### YOUR GOAL
Count the lines below that contain the word "elim", and reply with that number alone.
• • •
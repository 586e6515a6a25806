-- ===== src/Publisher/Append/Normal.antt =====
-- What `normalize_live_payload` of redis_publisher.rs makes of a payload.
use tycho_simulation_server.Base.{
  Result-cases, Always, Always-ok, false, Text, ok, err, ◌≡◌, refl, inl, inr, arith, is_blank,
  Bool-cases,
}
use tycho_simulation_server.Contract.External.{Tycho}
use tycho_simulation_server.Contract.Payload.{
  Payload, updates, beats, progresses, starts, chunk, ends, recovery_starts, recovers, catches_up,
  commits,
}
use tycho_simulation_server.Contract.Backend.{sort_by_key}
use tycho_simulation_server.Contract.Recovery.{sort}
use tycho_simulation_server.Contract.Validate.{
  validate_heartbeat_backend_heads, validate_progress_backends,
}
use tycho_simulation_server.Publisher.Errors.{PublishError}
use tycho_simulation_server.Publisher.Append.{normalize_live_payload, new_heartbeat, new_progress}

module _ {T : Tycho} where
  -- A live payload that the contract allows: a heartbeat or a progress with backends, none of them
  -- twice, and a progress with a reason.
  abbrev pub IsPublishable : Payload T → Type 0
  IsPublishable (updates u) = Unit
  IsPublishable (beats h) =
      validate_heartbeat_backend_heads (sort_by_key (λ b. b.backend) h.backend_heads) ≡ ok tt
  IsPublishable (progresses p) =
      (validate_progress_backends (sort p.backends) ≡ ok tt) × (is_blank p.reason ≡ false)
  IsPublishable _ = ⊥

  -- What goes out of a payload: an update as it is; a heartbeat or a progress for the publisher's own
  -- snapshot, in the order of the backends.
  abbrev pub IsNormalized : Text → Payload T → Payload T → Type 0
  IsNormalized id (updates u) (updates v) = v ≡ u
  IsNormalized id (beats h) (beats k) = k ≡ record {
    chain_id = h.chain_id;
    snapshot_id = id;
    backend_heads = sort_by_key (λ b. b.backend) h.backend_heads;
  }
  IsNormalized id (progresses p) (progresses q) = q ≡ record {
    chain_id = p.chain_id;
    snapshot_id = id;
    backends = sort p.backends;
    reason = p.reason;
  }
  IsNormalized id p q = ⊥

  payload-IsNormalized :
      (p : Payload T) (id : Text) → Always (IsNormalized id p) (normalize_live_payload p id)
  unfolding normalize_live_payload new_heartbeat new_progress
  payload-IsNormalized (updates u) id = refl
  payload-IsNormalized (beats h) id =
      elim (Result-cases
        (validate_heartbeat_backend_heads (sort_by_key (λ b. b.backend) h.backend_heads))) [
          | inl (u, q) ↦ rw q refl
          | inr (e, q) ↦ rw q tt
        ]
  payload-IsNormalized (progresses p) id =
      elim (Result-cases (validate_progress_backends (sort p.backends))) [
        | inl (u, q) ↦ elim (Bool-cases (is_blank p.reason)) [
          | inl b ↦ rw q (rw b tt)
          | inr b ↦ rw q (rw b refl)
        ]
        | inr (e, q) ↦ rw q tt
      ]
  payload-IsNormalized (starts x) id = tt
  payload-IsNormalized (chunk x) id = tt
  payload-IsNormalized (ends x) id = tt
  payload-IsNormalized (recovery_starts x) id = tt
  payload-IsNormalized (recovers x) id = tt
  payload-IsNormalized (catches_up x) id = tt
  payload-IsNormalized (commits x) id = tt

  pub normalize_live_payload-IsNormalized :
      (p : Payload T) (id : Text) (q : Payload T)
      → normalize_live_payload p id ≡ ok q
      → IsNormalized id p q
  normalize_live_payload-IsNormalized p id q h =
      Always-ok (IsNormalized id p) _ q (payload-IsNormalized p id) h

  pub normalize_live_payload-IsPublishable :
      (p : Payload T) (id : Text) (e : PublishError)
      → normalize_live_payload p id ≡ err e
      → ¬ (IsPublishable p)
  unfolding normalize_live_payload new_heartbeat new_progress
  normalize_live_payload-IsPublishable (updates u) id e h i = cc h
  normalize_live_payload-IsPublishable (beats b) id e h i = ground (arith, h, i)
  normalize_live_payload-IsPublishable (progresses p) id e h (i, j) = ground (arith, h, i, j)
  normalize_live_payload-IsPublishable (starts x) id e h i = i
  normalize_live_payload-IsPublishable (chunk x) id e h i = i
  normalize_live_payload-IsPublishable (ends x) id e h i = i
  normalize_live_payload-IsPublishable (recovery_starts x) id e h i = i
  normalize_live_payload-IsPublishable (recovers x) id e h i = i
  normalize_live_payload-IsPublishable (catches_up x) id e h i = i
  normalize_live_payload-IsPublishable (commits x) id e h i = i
• • •
### EXERCISE RESPONSE
3